→ **REQUIRED ACTION**
Keep only the lines that hold the string "crashed", filtering out the rest of the entries below.

Data items:

=== Section Start ===

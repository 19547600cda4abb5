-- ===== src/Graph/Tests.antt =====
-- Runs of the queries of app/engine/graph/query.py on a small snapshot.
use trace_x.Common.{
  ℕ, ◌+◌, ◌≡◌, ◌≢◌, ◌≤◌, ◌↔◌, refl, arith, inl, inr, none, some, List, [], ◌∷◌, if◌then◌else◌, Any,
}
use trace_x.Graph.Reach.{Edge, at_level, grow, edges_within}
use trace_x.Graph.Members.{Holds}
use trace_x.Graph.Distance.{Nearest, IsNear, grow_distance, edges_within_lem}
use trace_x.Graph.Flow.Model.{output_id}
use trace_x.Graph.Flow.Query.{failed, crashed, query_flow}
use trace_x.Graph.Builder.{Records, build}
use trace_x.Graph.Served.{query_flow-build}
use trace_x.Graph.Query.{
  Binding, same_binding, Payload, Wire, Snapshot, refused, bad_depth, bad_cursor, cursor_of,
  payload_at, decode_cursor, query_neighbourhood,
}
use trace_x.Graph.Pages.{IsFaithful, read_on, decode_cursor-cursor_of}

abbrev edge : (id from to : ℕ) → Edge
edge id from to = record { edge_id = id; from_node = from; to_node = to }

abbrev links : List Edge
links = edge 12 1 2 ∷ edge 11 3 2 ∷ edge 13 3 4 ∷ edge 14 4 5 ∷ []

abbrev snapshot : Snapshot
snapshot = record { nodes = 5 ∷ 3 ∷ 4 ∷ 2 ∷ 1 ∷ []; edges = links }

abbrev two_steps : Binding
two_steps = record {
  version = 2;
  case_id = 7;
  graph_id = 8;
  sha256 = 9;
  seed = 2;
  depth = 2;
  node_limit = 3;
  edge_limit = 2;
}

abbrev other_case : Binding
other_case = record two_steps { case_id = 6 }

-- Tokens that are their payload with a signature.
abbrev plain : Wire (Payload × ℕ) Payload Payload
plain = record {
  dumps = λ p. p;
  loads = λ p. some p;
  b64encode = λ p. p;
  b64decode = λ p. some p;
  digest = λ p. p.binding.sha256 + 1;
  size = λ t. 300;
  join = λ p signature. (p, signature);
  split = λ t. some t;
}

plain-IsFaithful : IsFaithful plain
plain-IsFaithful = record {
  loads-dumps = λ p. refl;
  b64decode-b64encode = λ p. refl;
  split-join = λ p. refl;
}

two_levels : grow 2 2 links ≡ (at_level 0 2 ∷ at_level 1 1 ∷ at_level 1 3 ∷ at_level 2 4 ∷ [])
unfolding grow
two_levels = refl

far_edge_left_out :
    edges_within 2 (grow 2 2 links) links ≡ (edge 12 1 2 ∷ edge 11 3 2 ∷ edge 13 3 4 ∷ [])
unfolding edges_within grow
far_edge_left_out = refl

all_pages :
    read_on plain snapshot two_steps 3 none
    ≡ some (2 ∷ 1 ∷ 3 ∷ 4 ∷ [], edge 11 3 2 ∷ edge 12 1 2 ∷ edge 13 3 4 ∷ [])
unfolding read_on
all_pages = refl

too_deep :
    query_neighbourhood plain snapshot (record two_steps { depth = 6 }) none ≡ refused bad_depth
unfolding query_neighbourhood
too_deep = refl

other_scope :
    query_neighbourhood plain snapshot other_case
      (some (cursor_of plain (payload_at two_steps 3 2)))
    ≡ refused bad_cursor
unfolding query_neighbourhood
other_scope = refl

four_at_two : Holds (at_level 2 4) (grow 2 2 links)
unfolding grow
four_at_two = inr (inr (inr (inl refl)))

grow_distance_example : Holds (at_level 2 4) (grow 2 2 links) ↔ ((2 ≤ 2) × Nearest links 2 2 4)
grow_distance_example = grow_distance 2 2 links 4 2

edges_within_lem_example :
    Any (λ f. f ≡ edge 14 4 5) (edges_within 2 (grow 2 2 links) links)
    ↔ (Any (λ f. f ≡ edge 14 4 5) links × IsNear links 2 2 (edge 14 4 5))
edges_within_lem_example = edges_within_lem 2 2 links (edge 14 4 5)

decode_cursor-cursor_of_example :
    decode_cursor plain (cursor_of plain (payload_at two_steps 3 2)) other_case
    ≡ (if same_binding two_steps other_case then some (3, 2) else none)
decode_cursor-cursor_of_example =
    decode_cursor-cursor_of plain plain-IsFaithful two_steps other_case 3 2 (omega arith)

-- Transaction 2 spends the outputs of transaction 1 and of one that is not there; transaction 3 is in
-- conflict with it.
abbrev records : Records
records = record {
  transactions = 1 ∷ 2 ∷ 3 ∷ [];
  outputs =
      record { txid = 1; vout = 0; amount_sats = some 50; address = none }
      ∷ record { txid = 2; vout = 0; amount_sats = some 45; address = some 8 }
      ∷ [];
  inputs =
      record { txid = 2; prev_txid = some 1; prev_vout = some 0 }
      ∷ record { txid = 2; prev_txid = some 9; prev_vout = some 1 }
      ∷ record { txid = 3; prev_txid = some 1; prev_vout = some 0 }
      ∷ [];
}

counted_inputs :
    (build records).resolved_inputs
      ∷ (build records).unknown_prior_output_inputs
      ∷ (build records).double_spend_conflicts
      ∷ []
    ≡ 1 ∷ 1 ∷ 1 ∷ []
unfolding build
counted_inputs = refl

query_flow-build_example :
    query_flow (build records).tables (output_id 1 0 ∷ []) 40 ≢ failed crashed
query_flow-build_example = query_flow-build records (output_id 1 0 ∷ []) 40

=== Section End ===

→ **RESPONSE FOR THIS EXERCISE**
use trace_x.Graph.Flow.Query.{failed, crashed, query_flow}
    query_flow (build records).tables (output_id 1 0 ∷ []) 40 ≢ failed crashed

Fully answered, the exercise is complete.